══ Records supplied ══

-- ===== src/Node/Cycle/Word/Reset.antt =====
-- cpp/src/epos_control/src/epos_motor_node.cpp: a request for a fault reset over rounds of the loop.
use motor_control.Base.{
  ℕ, ◌+◌, ◌≡◌, refl, ap, ◌∙◌, Bool, true, false, List, [], ◌∷◌, ◌++◌, All, length, replicate, arith,
}
use motor_control.Double.{Double}
use motor_control.Ethercat.Pdo.{InPdo}
use motor_control.Ethercat.Cia402.{is_fault, control_shutdown, control_fault_reset}
use motor_control.Node.State.{Node}
use motor_control.Node.Cycle.Timing.{CycleTime}
use motor_control.Node.Cycle.Finish.{control_of}
use motor_control.Node.Cycle.Finish.ResetHold.{fault_words, reset_words}
use motor_control.Node.Cycle.Safe.{good_round}
use motor_control.Node.Cycle.Word.Rounds.{round-Decided}
use motor_control.Node.Cycle.{rt_cycle}

-- What the rounds get: their clocks, working counters and process data.
abbrev pub Exchange : Type 0
Exchange = CycleTime × ℕ × InPdo

abbrev pub ShowsFault : Bool → Exchange → Type 0
ShowsFault fault e = is_fault e.2.status_word ≡ fault

module _ {F : Type 0} ⦃d : Double F⦄ where
  abbrev pub after : Exchange → Node F → Node F
  after (time, w, i) n = rt_cycle (good_round time w i) n

  abbrev pub after_all : List Exchange → Node F → Node F
  after_all [] n = n
  after_all (e ∷ es) n = after_all es (after e n)

  -- The control words that the rounds write.
  abbrev pub sent_words : List Exchange → Node F → List ℕ
  sent_words [] n = []
  sent_words (e ∷ es) n = (after e n).out.control_word ∷ sent_words es (after e n)

  sent-fault_words :
      (es : List Exchange) (n : Node F)
      → All (ShowsFault true) es
      → sent_words es n
        ≡ fault_words (length es) 0 true n.targets.fault_reset_req n.rt.fault_reset_hold
  unfolding fault_words control_of
  sent-fault_words [] n h = refl
  sent-fault_words (e ∷ es) n h =
      let done = round-Decided e.0 e.1 e.2 n in
      cc (done.word, done.request, done.hold, h.0, sent-fault_words es (after e n) h.1)

  -- A fault that persists over at least twenty rounds with a request for a reset is answered by
  -- exactly twenty rounds of the word fault reset and then by shutdown, whatever hold was left
  -- before.
  pub reset_rounds :
      (es : List Exchange) (n : Node F) (k : ℕ)
      → All (ShowsFault true) es
      → length es ≡ 20 + k
      → n.targets.fault_reset_req ≡ true
      → sent_words es n ≡ replicate 20 control_fault_reset ++ replicate k control_shutdown
  reset_rounds es n k h long request =
      sent-fault_words es n h
      ∙ ap (λ x. fault_words x 0 true n.targets.fault_reset_req n.rt.fault_reset_hold) long
      ∙ ap (λ b. fault_words (20 + k) 0 true b n.rt.fault_reset_hold) request
      ∙ reset_words k 0 n.rt.fault_reset_hold true

  request_kept :
      (es : List Exchange) (n : Node F)
      → All (ShowsFault false) es
      → n.targets.fault_reset_req ≡ true
      → (after_all es n).targets.fault_reset_req ≡ true
  unfolding control_of
  request_kept [] n h request = request
  request_kept (e ∷ es) n h request =
      let done = round-Decided e.0 e.1 e.2 n in
      request_kept es (after e n) h.1 (ground (arith, done.request, h.0, request))

  -- A request for a fault reset that comes while there is no fault is kept through any number
  -- of rounds without one, and the first round with a fault is answered by fault reset.
  pub request_waits :
      (es : List Exchange) (e : Exchange) (n : Node F)
      → All (ShowsFault false) es
      → ShowsFault true e
      → n.targets.fault_reset_req ≡ true
      → (after e (after_all es n)).out.control_word ≡ control_fault_reset
  unfolding control_of
  request_waits es e n h fault request =
      let done = round-Decided e.0 e.1 e.2 (after_all es n) in
      ground (arith, done.word, fault, request_kept es n h request)
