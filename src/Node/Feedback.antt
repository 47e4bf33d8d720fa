-- ===== src/Node/Feedback.antt =====
-- cpp/src/epos_control/src/epos_motor_node.cpp: the timers that publish feedback and diagnostics. What
-- they print or publish is their result.
pub mod Sound
pub mod Untouched
pub mod Logged
pub mod Extremes
pub mod Averages
use motor_control.Base.{
  ℕ, suc, ◌+◌, ◌^◌, ◌%◌, Bool, true, false, ◌&&◌, ◌||◌, not, ℤ, pos, negsuc, ◌+ℤ◌, ◌-ℤ◌, ◌/ℤ◌, lt_ℤ,
  le_ℤ, eq_ℤ, max_ℤ, pos_part, neg_part, abs_i32, to_i32, to_i64, to_u64, ◌/◌, List, [], ◌∷◌,
  Option, none, some, ltb, ◌==◌, if◌then◌else◌,
}
use motor_control.Ring.{drain}
use motor_control.Node.State.{Node}

-- The messages of publish_core_feedback, in order.
unfoldable pub core_feedback : {F : Type 0} → Node F → List ℤ
core_feedback n =
    n.axis.last_vel
    ∷ pos n.axis.last_status
    ∷ n.axis.last_pos
    ∷ n.axis.last_trq
    ∷ n.diag.last_wkc
    ∷ n.diag.cycle_dt_us
    ∷ n.diag.cycle_jitter_us
    ∷ n.diag.cycle_overrun_count
    ∷ n.diag.wkc_error_count
    ∷ n.axis.last_error_code
    ∷ []

module _ {F : Type 0} where
  -- handle_pending_fault_log. The argument is what ec_SDOread gives of the error code, if it succeeds.
  unfoldable pub handle_pending_fault_log : Option ℕ → Node F → Node F
  handle_pending_fault_log sdo n =
      let taken = record n { diag = record n.diag { fault_log_pending = false } } in
      if not n.diag.fault_log_pending then n else elim sdo [
        | none ↦ taken
        | some code ↦ record taken {
          axis = record taken.axis { last_error_code = pos (code % 2 ^ 16) };
        }
      ]

  -- handle_wkc_recovery: whether it asks the master for the operational state.
  unfoldable pub wkc_recovery_due : Node F → Bool
  wkc_recovery_due n =
      let threshold = n.params.wkc_recover_threshold in
      let consecutive = n.diag.consecutive_wkc_errors in
      lt_ℤ (pos 0) threshold
      && (lt_ℤ (pos 0) consecutive && (pos_part consecutive % pos_part threshold == 0))

  -- publish_force_limit_events: the event that is reported, with its peak and its limit.
  pub publish_force_limit_events : Node F → Option (ℤ × ℤ × ℤ) × Node F
  publish_force_limit_events n =
      let l = n.limit in
      if eq_ℤ l.event (pos 0) then (none, n) else (
        some (l.event, l.peak_mn, l.threshold_mn),
        record n { limit = record l { event = pos 0 } },
      )

-- The sums and extremes of publish_diag_summary.
pub record Summary : Type 0 where
  pub sum_dt : ℤ
  pub sum_jitter : ℤ
  pub min_dt : ℤ
  pub max_dt : ℤ

-- The body of the loop.
pub add_sample : ℤ → ℤ → Summary → Summary
add_sample expected dt s = record {
  sum_dt = to_i64 (s.sum_dt +ℤ dt);
  sum_jitter = to_i64 (s.sum_jitter +ℤ abs_i32 (to_i32 (dt -ℤ expected)));
  min_dt = if lt_ℤ dt s.min_dt then dt else s.min_dt;
  max_dt = if lt_ℤ s.max_dt dt then dt else s.max_dt;
}

-- for (int32_t dt : dt_data)
pub summarise : ℤ → List ℤ → Summary → Summary
summarise expected [] s = s
summarise expected (dt ∷ rest) s = summarise expected rest (add_sample expected dt s)

abbrev pub no_summary : Summary
no_summary = record { sum_dt = pos 0; sum_jitter = pos 0; min_dt = pos 9999999; max_dt = pos 0 }

-- static_cast<int32_t>(sum / count), where `count` is a size_t, so that the division is unsigned.
unfoldable pub average : ℤ → ℕ → ℤ
average sum count = to_i32 (pos (to_u64 sum / count))

-- The fields of the published JSON.
pub record DiagSummary : Type 0 where
  pub count : ℕ
  pub avg_dt : ℤ
  pub min_dt : ℤ
  pub max_dt : ℤ
  pub avg_jitter : ℤ

pub publish_diag_summary : {F : Type 0} → Node F → Option DiagSummary × Node F
publish_diag_summary n =
    let drained = drain (pos 0) n.diag.diag_ring [] in
    let expected = pos 1000000 /ℤ pos_part (max_ℤ (pos 1) n.params.cycle_hz) in
    let s = summarise expected drained.out no_summary in
    let avg_jitter = average s.sum_jitter drained.count in
    if ltb 0 drained.count
    then (
      some (record {
        count = drained.count;
        avg_dt = average s.sum_dt drained.count;
        min_dt = s.min_dt;
        max_dt = s.max_dt;
        avg_jitter = avg_jitter;
      }),
      record n { diag = record n.diag { diag_ring = drained.ring; cycle_jitter_us = avg_jitter } },
    )
    else (none, record n { diag = record n.diag { diag_ring = drained.ring } })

═══

> [Instructions for the task]:
Copy out each line of the data where the string "some" appears.

> [Your response]:
  Option, none, some, ltb, ◌==◌, if◌then◌else◌,
        | some code ↦ record taken {
        some (l.event, l.peak_mn, l.threshold_mn),
      some (record {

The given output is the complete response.